Par: Hayat Kamal Idrissi

Darlbeida dites-vous ?

La Ville Blanche serait-elle un point noir en termes environnementaux ? Le fleuron économique du pays est en effet victime de son propre succès. Les différentes études scientifiques le confirment. Une menace lourde pèse sur la ville et sur la santé de ses habitants qui souffrent de plus en plus de maladies respiratoires et autres maux chroniques. Le coupable ? Les taux élevés de pollution causés par les zones industrielles, le parc automobile vétuste, la gestion « défaillante » des déchets, sans oublier le manque flagrant de civisme chez bon nombre d’habitants.

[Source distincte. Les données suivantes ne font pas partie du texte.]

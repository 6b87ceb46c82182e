-- ===== src/Vision/Label/Region.antt =====
-- label.rs: the numbers and the regions of a label. The JSON values are those of serde_json that the source
-- tells apart.
pub mod Contained
mod Tests
use Prim.Native.String as Text
use easycon_sdk.Common.{
  ℕ, ◌+◌, ◌*◌, ◌^◌, ltb, leb, ◌==◌, ◌&&◌, ◌||◌, Bool, true, false, String, Option, none, some, List,
  [], ◌∷◌, if◌then◌else◌,
}
use easycon_sdk.Vision.{ok_image, err_image, ImageResult}
use easycon_sdk.Vision.Image.{VisionLimits, Roi, new_roi, Image, checked_add_u32, checked_mul}
use easycon_sdk.Vision.Error.{
  VisionErrorKind, validation_error, invalid_image_error, limit_error, VisionResult, ok_vision,
  fail_vision,
}
use easycon_sdk.Vision.Label.Diagnostics.{
  LabelDiagnosticCode, invalid_type, invalid_number, invalid_roi, roi_limit, target_image,
  target_limit, LabelDiagnostic, error, push_diagnostic,
}

pub data LabelMethod : Type 0 where
  sq_diff_normed c_corr_normed c_coeff_normed edge_xy edge_laplacian ocr : LabelMethod

-- `LabelMethod::from_legacy`.
abbrev pub from_legacy : ℕ → Option LabelMethod
from_legacy value =
    if value == 1
    then some sq_diff_normed
    else if value == 3
    then some c_corr_normed
    else if value == 5
    then some c_coeff_normed
    else if value == 11
    then some edge_xy
    else if value == 12
    then some edge_laplacian
    else if value == 107
    then some ocr
    else none

-- A number is a u64, or another one: negative, fractional or larger.
pub data Value : Type 0 where
  u64_number : ℕ → Value
  other_number other_value : Value
  text_value : String → Value

-- `LabelDiagnostic::new` of an error in a field.
abbrev pub field_error : LabelDiagnosticCode → String → String → String → LabelDiagnostic
field_error code source field message = record {
  severity = error;
  code = code;
  source = source;
  field = some field;
  message = message;
}

abbrev Parsed : Type 0 → Type 0
Parsed A = List LabelDiagnostic × Option A

abbrev join : String → String → String
join a b = Text.◌++◌ a b

abbrev around : String → String → String → String
around before field after = join before (join field after)

abbrev wrong :
    {A : Type 0} → LabelDiagnosticCode → String → String → String → List LabelDiagnostic → Parsed A
wrong code source field message ds =
    (push_diagnostic ds (field_error code source field message), none)

abbrev legacy_field : String → String → String
legacy_field field after = around "legacy .IL field `" field after

abbrev not_u32 : String → String → List LabelDiagnostic → Parsed ℕ
not_u32 field source ds =
    wrong invalid_number source field (legacy_field field "` must fit an unsigned 32-bit integer")
      ds

unfoldable pub parse_u32 :
    Option Value
    → (default : ℕ) → (field : String) → (source : String) → List LabelDiagnostic
    → Parsed ℕ
parse_u32 none default field source ds = (ds, some default)
parse_u32 (some (u64_number n)) default field source ds =
    if ltb n (2 ^ 32) then (ds, some n) else not_u32 field source ds
parse_u32 (some other_number) default field source ds = not_u32 field source ds
parse_u32 (some _) default field source ds =
    wrong invalid_type source field (legacy_field field "` must be an integer") ds

unfoldable pub parse_string :
    Option Value
    → (default : String) → (field : String) → (source : String) → List LabelDiagnostic
    → Parsed String
parse_string none default field source ds = (ds, some default)
parse_string (some (text_value t)) default field source ds = (ds, some t)
parse_string (some _) default field source ds =
    wrong invalid_type source field (legacy_field field "` must be a string") ds

abbrev made :
    ImageResult Roi → (field : String) → (source : String) → List LabelDiagnostic → Parsed Roi
made (ok_image roi) field source ds = (ds, some roi)
made (err_image e) field source ds =
    wrong invalid_roi source field (around "invalid " field (join " ROI: " e.message)) ds

unfoldable pub make_roi :
    Option ℕ
    → Option ℕ
    → Option ℕ
    → Option ℕ
    → (field : String) → (source : String) → List LabelDiagnostic
    → Parsed Roi
make_roi (some x) (some y) (some width) (some height) field source ds =
    made (new_roi x y width height) field source ds
make_roi _ _ _ _ field source ds = (ds, none)

-- `Option::is_none_or` of a value beyond a limit.
abbrev exceeds : Option ℕ → ℕ → Bool
exceeds none limit = true
exceeds (some n) limit = ltb limit n

unfoldable pub validate_roi_limit :
    Roi
    → (field : String) → VisionLimits
    → (source : String) → List LabelDiagnostic
    → List LabelDiagnostic
validate_roi_limit roi field limits source ds =
    if exceeds (checked_add_u32 roi.x roi.width) limits.max_width
      || exceeds (checked_add_u32 roi.y roi.height) limits.max_height
      || exceeds (checked_mul roi.width roi.height) limits.max_pixels
    then push_diagnostic ds
        (field_error roi_limit source field (join field " ROI exceeds Vision limits"))
    else ds

-- The sums of the source are those of u32, and panic or wrap beyond it: `none`.
unfoldable pub roi_contains : (outer : Roi) → (inner : Roi) → Option Bool
roi_contains outer inner =
    within (checked_add_u32 outer.x outer.width) (checked_add_u32 outer.y outer.height)
      (checked_add_u32 inner.x inner.width) (checked_add_u32 inner.y inner.height)
  where
    within : Option ℕ → Option ℕ → Option ℕ → Option ℕ → Option Bool
    within (some outer_right) (some outer_bottom) (some inner_right) (some inner_bottom) = some (
        leb outer.x inner.x
        && leb outer.y inner.y
        && leb inner_right outer_right
        && leb inner_bottom outer_bottom)
    within _ _ _ _ = none

abbrev bounded : Option ℕ → Option ℕ → String → Image → VisionResult (Unit {0})
bounded none bottom label image = fail_vision limit_error (join label " right bound overflows")
bounded (some right) none label image =
    fail_vision limit_error (join label " bottom bound overflows")
bounded (some right) (some bottom) label image =
    if ltb image.width right || ltb image.height bottom
    then fail_vision limit_error (join label " is outside the evaluated Frame")
    else ok_vision tt

unfoldable pub ensure_roi_in_image : Roi → Image → (label : String) → VisionResult (Unit {0})
ensure_roi_in_image roi image label =
    bounded (checked_add_u32 roi.x roi.width) (checked_add_u32 roi.y roi.height) label image

abbrev pub decode_diagnostic_code : VisionErrorKind → Option LabelDiagnosticCode
decode_diagnostic_code validation_error = some target_image
decode_diagnostic_code invalid_image_error = some target_image
decode_diagnostic_code limit_error = some target_limit
decode_diagnostic_code _ = none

« La vie à Casablanca est devenue insoutenable. La ville compte plusieurs points noirs et les problèmes environnementaux se multiplient avec une forte pollution de l’air et de l’eau », s’insurge le Pr Saïd Sebti, président du réseau Casa environnement. Rappelons que ce réseau regroupe plus de 50 associations œuvrant dans le domaine de l’environnement et le développement durable au niveau du Grand Casablanca. Le constat du Pr Sebti est d’ailleurs confirmé par les rapports de la direction de la météorologie nationale. Ces derniers démontrent que la qualité de l’air à Casablanca est en dessous de la moyenne. La station de mesure de la qualité de l’air, installée au club ONCF d’Aïn Sebaâ, enregistre des dépassements réguliers des seuils nationaux d’information et d’alerte. D’après ces mesures, la concentration horaire maximale de dioxyde de soufre (SO2) est alarmante et suscite beaucoup d’inquiétude quant aux effets néfastes de ce polluant sur la santé.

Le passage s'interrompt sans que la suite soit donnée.